The connection became obvious as I saw the General Purpose Computing on GPU's. The first step into the desktop market was made by NVIDIA's new series of graphics cards, which are capable of processing any type of information in floating point format, thus making them a worthy adversary for AMD's Fusion concept, and also these processors could very well be the future of the normal CPU, as we know it.
Pat Gelsinger said that: "Intel has begun planning products based on a highly parallel, IA-based programmable architecture codenamed "Larrabee." It will be easily programmable using many existing software tools, and designed to scale to trillions of floating point operations per second (Teraflops) of performance. The Larrabee architecture will include enhancements to accelerate applications such as scientific computing, recognition, mining, synthesis, visualization, financial analytics and health applications."
This is simple to lay out on the table, AMD is outsourcing its HyperTransport technology so that many applications could be developed for it, one of which is to integrate co-processors on cards that will run on PCI-Express extension slots. Now here's another interesting fact, Intel is said to have also outsourced its FSB technology so that you can create applications for it, and the first device for this is called Xilinx Virtex 5, a 604-pin module that fits snugly into the Intel Xeon infrastructure.
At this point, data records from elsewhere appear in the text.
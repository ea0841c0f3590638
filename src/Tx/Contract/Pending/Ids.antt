-- ===== src/Tx/Contract/Pending/Ids.antt =====
-- The evidence ids that `BuildExecutePendingMessages` keeps as the keys of a map.
use tx_xrpl_token_migrator.Base.{
  ◌≡◌, refl, sym, ap, ◌∙◌, inl, inr, ◌↔◌, Bool, true, false, not, ◌||◌, ◌&&◌, List, [], ◌∷◌, map,
  filter, All, arith, Bool-cases,
}
use tx_xrpl_token_migrator.Base.Str.{Str, str_eq, str_eq_iff}
use tx_xrpl_token_migrator.Tx.Contract.Types.{PendingTransaction}
use tx_xrpl_token_migrator.Tx.Contract.Pending.{has_id, delete}

module _ {ℓ} {A : Type ℓ} where
  pub filter-cong :
      (p q : A → Bool) (xs : List A) → All (λ x. p x ≡ q x) xs → filter p xs ≡ filter q xs
  filter-cong p q [] h = refl
  filter-cong p q (x ∷ xs) h = rw (h.0, filter-cong p q xs h.1) refl

  filter-filter :
      (p q : A → Bool) (xs : List A) → filter p (filter q xs) ≡ filter (λ x. q x && p x) xs
  filter-filter p q [] = refl
  filter-filter p q (x ∷ xs) = elim (Bool-cases (q x)) [
    | inl y ↦ rw (y, filter-filter p q xs) refl
    | inr n ↦ rw (n, filter-filter p q xs) refl
  ]

  pub filter-nil_iff : (p : A → Bool) (xs : List A) → (filter p xs ≡ []) ↔ All (λ x. p x ≡ false) xs
  filter-nil_iff p [] = (λ _. tt, λ _. refl)
  filter-nil_iff p (x ∷ xs) = elim (Bool-cases (p x)) [
    | inl y ↦ (λ h. absurd (cons_nil (rw y at h)), λ h. absurd (true_false (sym y ∙ h.0)))
    | inr n ↦
        (λ h. (n, (filter-nil_iff p xs).0 (rw n at h)), λ h. rw n ((filter-nil_iff p xs).1 h.1))
  ]
    where
      cons_nil : x ∷ filter p xs ≡ [] → ⊥
      cons_nil c = cc

      true_false : true ≡ false → ⊥
      true_false c = cc

pub str_eq_sym : (s t : Str) → str_eq s t ≡ str_eq t s
unfolding str_eq
str_eq_sym [] [] = refl
str_eq_sym [] (b ∷ t) = refl
str_eq_sym (a ∷ s) [] = refl
str_eq_sym (a ∷ s) (b ∷ t) = ground (arith, str_eq_sym s t)

pub has_id-delete :
    (a b : Str) (ids : List Str) → str_eq a b ≡ false → has_id b (delete a ids) ≡ has_id b ids
unfolding has_id delete
has_id-delete a b [] h = refl
has_id-delete a b (other ∷ ids) h = elim (Bool-cases (str_eq a other)) [
  | inl y ↦
      let same : a ≡ other = (str_eq_iff a other).0 y in
      let not_b : str_eq b other ≡ false = ap (str_eq b) (sym same) ∙ str_eq_sym b a ∙ h in
      rw (y, not_b) (has_id-delete a b ids h)
  | inr n ↦ rw n (ap (λ r. str_eq b other || r) (has_id-delete a b ids h))
]

pub delete-absent : (a : Str) (ids : List Str) → has_id a ids ≡ false → delete a ids ≡ ids
unfolding has_id delete
delete-absent a [] h = refl
delete-absent a (other ∷ ids) h = elim (Bool-cases (str_eq a other)) [
  | inl y ↦ absurd (true_false (rw y at h))
  | inr n ↦ rw n (ap (λ r. other ∷ r) (delete-absent a ids (rw n at h)))
]
  where
    true_false : true ≡ false → ⊥
    true_false c = cc

abbrev pub id_of : PendingTransaction → Str
id_of tx = tx.evidence_id

-- What is left of the ids after the loop.
abbrev pub delete_all : List PendingTransaction → List Str → List Str
delete_all [] ids = ids
delete_all (tx ∷ txs) ids = delete_all txs (delete tx.evidence_id ids)

delete_all-filter :
    (txs : List PendingTransaction) (ids : List Str)
    → delete_all txs ids ≡ filter (λ id. not (has_id id (map id_of txs))) ids
unfolding has_id delete
delete_all-filter [] ids = keep ids
  where
    keep : (xs : List Str) → xs ≡ filter (λ id. true) xs
    keep [] = refl
    keep (x ∷ xs) = ap (λ r. x ∷ r) (keep xs)
delete_all-filter (tx ∷ txs) ids =
    delete_all-filter txs (delete tx.evidence_id ids)
    ∙ filter-filter _ _ ids
    ∙ filter-cong _ _ ids (both ids)
  where
    test :
        (id : Str)
        → (not (str_eq tx.evidence_id id) && not (has_id id (map id_of txs)))
          ≡ not (str_eq id tx.evidence_id || has_id id (map id_of txs))
    test id = rw (str_eq_sym tx.evidence_id id) (ground arith)

    both :
        (xs : List Str)
        → All
            (λ id.
              (not (str_eq tx.evidence_id id) && not (has_id id (map id_of txs)))
              ≡ not (str_eq id tx.evidence_id || has_id id (map id_of txs)))
            xs
    both [] = tt
    both (x ∷ xs) = (test x, both xs)

-- No id is left exactly if each is the id of a transaction.
pub delete_all-nil_iff :
    (txs : List PendingTransaction) (ids : List Str)
    → (delete_all txs ids ≡ []) ↔ All (λ id. has_id id (map id_of txs) ≡ true) ids
delete_all-nil_iff txs ids = (
  λ h. found ids ((filter-nil_iff _ ids).0 (sym (delete_all-filter txs ids) ∙ h)),
  λ h. delete_all-filter txs ids ∙ (filter-nil_iff _ ids).1 (missing ids h),
)
  where
    found :
        (xs : List Str)
        → All (λ id. not (has_id id (map id_of txs)) ≡ false) xs
        → All (λ id. has_id id (map id_of txs) ≡ true) xs
    found [] h = tt
    found (x ∷ xs) h = (ground (arith, h.0), found xs h.1)

    missing :
        (xs : List Str)
        → All (λ id. has_id id (map id_of txs) ≡ true) xs
        → All (λ id. not (has_id id (map id_of txs)) ≡ false) xs
    missing [] h = tt
    missing (x ∷ xs) h = (ground (arith, h.0), missing xs h.1)
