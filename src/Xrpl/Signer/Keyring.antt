-- ===== src/Xrpl/Signer/Keyring.antt =====
-- `KeyringTxSigner` of relayer/client/xrpl/signer.go. A signing has the transaction as it is afterwards.
use tx_xrpl_token_migrator.Base.Str.{Str, codes}
use tx_xrpl_token_migrator.Base.Go.{Go, ok, err, panics, ◌>>=◌}
use tx_xrpl_token_migrator.Xrpl.Rpc.Call.{wrap_err}
use tx_xrpl_token_migrator.Xrpl.Signer.{
  Signing, SignerItem, ripple_key, extract_account_from_xrpl_key, extract_pub_key_from_xrpl_key,
  extract_xrpl_priv_key,
}

module _ (G : Signing) (key_name : Str) where
  -- What is done with the key, if there is one.
  abbrev with_key : {A : Type 0} → G.Txn → (G.PrivKey → G.Txn × Go A) → G.Txn × Go A
  with_key txn use_key = elim (extract_xrpl_priv_key G key_name) [
    | ok key ↦ use_key key
    | err e ↦ (txn, err e)
    | panics ↦ (txn, panics)
  ]

  -- `Sign`
  unfoldable pub sign : G.Txn → G.Txn × Go (Unit {0})
  unfolding extract_xrpl_priv_key ripple_key wrap_err
  sign txn = with_key txn (λ key.
      let (txn', result) = G.sign (ripple_key G key) txn in
      (txn', wrap_err (codes "failed to sign XRPL transaction with keyring") result))

  -- `MultiSign`
  unfoldable pub multi_sign : G.Txn → G.Txn × Go SignerItem
  unfolding extract_xrpl_priv_key ripple_key extract_account_from_xrpl_key
  multi_sign txn = with_key txn (λ key.
      let acc = extract_account_from_xrpl_key G key in
      let (txn', result) = G.multi_sign (ripple_key G key) acc txn in
      (
        txn',
        result >>= λ u. ok (record {
          account = acc;
          txn_signature = G.get_signature txn';
          signing_pub_key = G.get_public_key txn';
        }),
      ))

  -- `Account`
  unfoldable pub account : Go Str
  unfolding extract_xrpl_priv_key extract_account_from_xrpl_key
  account = extract_xrpl_priv_key G key_name >>= λ key. ok (extract_account_from_xrpl_key G key)

  -- `PubKey`
  unfoldable pub pub_key : Go Str
  unfolding extract_xrpl_priv_key extract_pub_key_from_xrpl_key
  pub_key = extract_xrpl_priv_key G key_name >>= λ key. ok (extract_pub_key_from_xrpl_key G key)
How does it all tie together with the 80-core chip that Intel already demonstrated earlier this year, well let us think for a while. If you can't even handle a quad-core processor, and must use a Multi Chip Module in order to have two dual-core processors linked together, how on Earth will you succeed in doing so with 80 processor cores in an even smaller package then the one you are currently using? Simple, you make the processor do anything, the trend has already started with the System-on-a-chip initiative, why not take it all the way to the possible extent to which the technology will allow it. I mean, it won't be long until Moore's Law won't apply anymore, so what do you do then, retire? I guess not, maybe just innovate in some other way; the unified, not even shader, lets call it the unified core architecture will allow for a computer to perform whatever type of calculations you see necessary, and will include have a CPU and a GPU sharing the same processor die. Now it all makes perfect sense.